Collected data

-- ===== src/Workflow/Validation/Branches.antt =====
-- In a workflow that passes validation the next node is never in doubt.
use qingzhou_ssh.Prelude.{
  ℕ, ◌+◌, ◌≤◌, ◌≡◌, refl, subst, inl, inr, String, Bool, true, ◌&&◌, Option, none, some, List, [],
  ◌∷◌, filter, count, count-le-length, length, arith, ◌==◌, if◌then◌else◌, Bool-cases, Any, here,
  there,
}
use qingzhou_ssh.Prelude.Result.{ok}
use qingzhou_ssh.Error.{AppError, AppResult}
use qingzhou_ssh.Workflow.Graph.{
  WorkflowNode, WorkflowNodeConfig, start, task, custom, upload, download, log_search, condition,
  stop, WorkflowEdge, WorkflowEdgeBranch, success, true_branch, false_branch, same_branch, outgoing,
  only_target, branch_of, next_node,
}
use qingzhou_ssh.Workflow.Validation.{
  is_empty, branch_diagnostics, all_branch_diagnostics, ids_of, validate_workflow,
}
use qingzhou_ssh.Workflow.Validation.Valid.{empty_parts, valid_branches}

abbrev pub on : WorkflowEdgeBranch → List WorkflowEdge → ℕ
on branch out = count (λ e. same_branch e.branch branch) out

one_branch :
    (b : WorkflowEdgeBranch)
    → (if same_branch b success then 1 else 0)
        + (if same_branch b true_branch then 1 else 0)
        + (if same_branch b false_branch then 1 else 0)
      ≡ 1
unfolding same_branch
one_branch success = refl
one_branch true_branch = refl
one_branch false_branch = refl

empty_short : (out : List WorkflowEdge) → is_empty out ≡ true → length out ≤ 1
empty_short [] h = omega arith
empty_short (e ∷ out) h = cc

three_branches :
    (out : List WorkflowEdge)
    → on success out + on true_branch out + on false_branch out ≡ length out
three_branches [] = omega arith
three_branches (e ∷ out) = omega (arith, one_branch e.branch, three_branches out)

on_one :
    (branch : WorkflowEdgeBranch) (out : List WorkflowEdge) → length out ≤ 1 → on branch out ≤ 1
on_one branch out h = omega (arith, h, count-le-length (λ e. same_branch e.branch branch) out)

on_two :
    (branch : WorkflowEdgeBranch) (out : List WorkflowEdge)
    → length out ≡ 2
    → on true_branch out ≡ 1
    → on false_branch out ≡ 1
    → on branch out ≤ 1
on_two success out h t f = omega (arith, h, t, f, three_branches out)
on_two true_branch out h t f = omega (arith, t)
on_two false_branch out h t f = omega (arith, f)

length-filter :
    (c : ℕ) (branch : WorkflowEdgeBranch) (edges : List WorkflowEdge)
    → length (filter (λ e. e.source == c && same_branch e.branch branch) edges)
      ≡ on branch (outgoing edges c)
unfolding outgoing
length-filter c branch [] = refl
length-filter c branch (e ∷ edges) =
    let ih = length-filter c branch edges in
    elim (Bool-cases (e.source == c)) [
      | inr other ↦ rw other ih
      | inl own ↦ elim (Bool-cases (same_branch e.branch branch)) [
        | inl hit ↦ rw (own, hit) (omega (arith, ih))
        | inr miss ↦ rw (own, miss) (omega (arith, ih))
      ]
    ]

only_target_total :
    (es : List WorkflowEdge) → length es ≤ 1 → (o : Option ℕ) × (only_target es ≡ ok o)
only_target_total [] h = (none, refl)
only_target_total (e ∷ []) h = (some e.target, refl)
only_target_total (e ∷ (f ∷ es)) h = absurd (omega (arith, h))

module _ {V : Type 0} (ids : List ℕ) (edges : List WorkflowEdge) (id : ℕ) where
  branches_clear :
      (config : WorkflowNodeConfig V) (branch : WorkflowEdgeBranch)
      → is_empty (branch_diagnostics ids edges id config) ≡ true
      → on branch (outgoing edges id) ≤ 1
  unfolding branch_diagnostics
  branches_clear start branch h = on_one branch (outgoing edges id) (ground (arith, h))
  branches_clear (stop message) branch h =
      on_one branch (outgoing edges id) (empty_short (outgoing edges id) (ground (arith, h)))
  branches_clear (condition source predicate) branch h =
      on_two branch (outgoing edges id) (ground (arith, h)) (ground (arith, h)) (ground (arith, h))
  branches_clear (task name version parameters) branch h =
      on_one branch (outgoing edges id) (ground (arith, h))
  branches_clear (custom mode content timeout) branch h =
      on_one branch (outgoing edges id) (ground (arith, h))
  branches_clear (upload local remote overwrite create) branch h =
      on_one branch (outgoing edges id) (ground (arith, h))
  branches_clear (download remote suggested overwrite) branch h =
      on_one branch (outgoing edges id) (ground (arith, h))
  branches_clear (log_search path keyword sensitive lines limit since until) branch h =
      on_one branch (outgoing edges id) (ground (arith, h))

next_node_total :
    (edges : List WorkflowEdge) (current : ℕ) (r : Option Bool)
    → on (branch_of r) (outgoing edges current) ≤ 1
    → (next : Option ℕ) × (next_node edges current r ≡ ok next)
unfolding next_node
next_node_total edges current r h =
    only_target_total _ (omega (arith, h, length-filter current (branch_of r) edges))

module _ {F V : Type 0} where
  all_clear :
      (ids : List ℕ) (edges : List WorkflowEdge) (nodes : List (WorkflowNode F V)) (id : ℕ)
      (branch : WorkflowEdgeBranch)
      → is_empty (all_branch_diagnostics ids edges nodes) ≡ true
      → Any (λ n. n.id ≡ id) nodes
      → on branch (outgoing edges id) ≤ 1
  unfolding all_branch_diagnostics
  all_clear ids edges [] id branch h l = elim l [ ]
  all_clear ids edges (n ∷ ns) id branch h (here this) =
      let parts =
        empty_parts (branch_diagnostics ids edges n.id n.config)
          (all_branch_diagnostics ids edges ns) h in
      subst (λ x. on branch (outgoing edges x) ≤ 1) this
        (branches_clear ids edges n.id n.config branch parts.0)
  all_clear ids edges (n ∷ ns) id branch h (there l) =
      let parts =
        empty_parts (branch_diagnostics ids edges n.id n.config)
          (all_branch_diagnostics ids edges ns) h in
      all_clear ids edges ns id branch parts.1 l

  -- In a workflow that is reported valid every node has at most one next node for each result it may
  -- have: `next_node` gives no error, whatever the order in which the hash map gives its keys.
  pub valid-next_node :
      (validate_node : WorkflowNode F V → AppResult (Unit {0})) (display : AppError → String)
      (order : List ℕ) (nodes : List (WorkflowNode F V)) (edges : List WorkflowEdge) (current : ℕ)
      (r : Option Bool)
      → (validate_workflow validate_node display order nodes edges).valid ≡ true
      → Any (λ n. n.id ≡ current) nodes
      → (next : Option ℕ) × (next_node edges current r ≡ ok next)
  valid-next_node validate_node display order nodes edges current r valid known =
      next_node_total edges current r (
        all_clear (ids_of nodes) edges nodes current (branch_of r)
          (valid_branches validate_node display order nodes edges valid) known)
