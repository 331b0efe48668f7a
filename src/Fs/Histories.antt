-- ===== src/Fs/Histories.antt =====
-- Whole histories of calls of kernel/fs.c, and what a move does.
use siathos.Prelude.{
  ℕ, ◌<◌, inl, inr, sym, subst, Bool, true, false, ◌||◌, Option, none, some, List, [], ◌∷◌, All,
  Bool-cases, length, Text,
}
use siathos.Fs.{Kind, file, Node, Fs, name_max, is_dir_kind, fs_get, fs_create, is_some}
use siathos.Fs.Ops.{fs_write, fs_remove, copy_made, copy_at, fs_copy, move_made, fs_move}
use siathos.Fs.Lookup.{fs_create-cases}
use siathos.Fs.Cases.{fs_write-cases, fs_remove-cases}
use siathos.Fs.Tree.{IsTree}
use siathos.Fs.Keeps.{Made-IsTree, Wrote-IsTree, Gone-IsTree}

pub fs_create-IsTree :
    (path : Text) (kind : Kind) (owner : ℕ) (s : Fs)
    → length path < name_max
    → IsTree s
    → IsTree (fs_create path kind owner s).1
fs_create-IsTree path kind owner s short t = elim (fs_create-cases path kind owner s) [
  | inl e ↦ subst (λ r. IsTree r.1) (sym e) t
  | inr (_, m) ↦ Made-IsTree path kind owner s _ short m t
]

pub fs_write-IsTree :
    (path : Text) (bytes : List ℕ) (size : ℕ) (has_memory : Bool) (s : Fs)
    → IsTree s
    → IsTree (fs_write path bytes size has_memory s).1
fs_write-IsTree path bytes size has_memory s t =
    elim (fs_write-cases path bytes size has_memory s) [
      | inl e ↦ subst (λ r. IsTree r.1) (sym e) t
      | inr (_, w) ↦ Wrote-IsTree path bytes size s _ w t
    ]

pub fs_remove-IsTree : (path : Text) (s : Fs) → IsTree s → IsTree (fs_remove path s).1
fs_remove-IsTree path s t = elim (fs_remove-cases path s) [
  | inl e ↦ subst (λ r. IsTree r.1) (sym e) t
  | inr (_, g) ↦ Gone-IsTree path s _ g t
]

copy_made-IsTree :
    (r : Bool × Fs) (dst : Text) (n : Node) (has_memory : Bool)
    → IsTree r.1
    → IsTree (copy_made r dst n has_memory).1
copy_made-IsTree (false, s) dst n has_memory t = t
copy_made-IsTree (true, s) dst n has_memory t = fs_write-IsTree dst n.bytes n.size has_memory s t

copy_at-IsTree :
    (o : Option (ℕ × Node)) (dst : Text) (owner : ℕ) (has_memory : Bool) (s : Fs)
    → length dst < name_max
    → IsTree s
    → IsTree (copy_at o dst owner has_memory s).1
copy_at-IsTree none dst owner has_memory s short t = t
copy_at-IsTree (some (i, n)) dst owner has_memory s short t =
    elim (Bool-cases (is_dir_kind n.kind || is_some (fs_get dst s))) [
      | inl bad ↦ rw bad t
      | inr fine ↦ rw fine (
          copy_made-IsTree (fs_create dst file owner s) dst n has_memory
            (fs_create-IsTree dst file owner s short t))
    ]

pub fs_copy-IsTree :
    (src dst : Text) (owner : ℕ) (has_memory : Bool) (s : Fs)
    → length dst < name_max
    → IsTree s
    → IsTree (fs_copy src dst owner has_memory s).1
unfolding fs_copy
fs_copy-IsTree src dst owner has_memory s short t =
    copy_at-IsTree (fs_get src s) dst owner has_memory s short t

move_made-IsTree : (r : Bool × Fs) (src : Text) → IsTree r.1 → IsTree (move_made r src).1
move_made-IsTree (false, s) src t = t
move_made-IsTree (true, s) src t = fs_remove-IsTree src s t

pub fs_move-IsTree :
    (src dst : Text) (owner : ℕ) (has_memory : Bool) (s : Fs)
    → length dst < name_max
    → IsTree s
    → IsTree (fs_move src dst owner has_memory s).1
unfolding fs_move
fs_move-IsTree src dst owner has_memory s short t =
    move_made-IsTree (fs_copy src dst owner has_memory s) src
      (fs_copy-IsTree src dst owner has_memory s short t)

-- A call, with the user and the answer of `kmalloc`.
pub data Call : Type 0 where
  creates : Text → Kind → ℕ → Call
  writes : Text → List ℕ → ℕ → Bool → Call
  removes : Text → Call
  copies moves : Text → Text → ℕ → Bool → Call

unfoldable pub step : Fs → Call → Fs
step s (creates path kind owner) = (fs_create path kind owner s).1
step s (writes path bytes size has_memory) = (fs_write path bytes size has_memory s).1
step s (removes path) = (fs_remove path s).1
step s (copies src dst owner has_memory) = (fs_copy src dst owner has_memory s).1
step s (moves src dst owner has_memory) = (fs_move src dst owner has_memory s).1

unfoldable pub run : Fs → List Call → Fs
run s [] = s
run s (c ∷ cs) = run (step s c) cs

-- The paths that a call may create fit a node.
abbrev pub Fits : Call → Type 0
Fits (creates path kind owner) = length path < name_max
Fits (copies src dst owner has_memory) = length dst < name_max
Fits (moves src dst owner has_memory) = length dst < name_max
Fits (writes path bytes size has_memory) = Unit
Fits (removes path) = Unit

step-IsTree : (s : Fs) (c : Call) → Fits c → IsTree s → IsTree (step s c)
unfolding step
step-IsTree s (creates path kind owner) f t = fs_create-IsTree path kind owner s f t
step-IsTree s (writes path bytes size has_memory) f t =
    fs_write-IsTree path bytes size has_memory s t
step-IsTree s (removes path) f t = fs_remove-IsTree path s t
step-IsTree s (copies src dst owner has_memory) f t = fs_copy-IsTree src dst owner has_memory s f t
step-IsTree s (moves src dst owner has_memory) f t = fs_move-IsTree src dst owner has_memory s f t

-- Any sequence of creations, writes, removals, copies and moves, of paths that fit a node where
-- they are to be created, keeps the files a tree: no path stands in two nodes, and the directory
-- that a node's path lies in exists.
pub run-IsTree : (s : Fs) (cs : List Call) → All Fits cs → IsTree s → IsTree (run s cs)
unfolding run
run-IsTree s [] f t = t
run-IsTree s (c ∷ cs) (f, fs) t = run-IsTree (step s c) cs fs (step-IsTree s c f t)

* **Work task**: From the records above, copy only the lines starting with the line that holds "IsTree (fs_write path bytes size has_memory s).1" and going on through the line that holds "move_made-IsTree : (r", exactly as written.

* **Task answer**:
    → IsTree (fs_write path bytes size has_memory s).1
fs_write-IsTree path bytes size has_memory s t =
    elim (fs_write-cases path bytes size has_memory s) [
      | inl e ↦ subst (λ r. IsTree r.1) (sym e) t
      | inr (_, w) ↦ Wrote-IsTree path bytes size s _ w t
    ]

pub fs_remove-IsTree : (path : Text) (s : Fs) → IsTree s → IsTree (fs_remove path s).1
fs_remove-IsTree path s t = elim (fs_remove-cases path s) [
  | inl e ↦ subst (λ r. IsTree r.1) (sym e) t
  | inr (_, g) ↦ Gone-IsTree path s _ g t
]

copy_made-IsTree :
    (r : Bool × Fs) (dst : Text) (n : Node) (has_memory : Bool)
    → IsTree r.1
    → IsTree (copy_made r dst n has_memory).1
copy_made-IsTree (false, s) dst n has_memory t = t
copy_made-IsTree (true, s) dst n has_memory t = fs_write-IsTree dst n.bytes n.size has_memory s t

copy_at-IsTree :
    (o : Option (ℕ × Node)) (dst : Text) (owner : ℕ) (has_memory : Bool) (s : Fs)
    → length dst < name_max
    → IsTree s
    → IsTree (copy_at o dst owner has_memory s).1
copy_at-IsTree none dst owner has_memory s short t = t
copy_at-IsTree (some (i, n)) dst owner has_memory s short t =
    elim (Bool-cases (is_dir_kind n.kind || is_some (fs_get dst s))) [
      | inl bad ↦ rw bad t
      | inr fine ↦ rw fine (
          copy_made-IsTree (fs_create dst file owner s) dst n has_memory
            (fs_create-IsTree dst file owner s short t))
    ]

pub fs_copy-IsTree :
    (src dst : Text) (owner : ℕ) (has_memory : Bool) (s : Fs)
    → length dst < name_max
    → IsTree s
    → IsTree (fs_copy src dst owner has_memory s).1
unfolding fs_copy
fs_copy-IsTree src dst owner has_memory s short t =
    copy_at-IsTree (fs_get src s) dst owner has_memory s short t

move_made-IsTree : (r : Bool × Fs) (src : Text) → IsTree r.1 → IsTree (move_made r src).1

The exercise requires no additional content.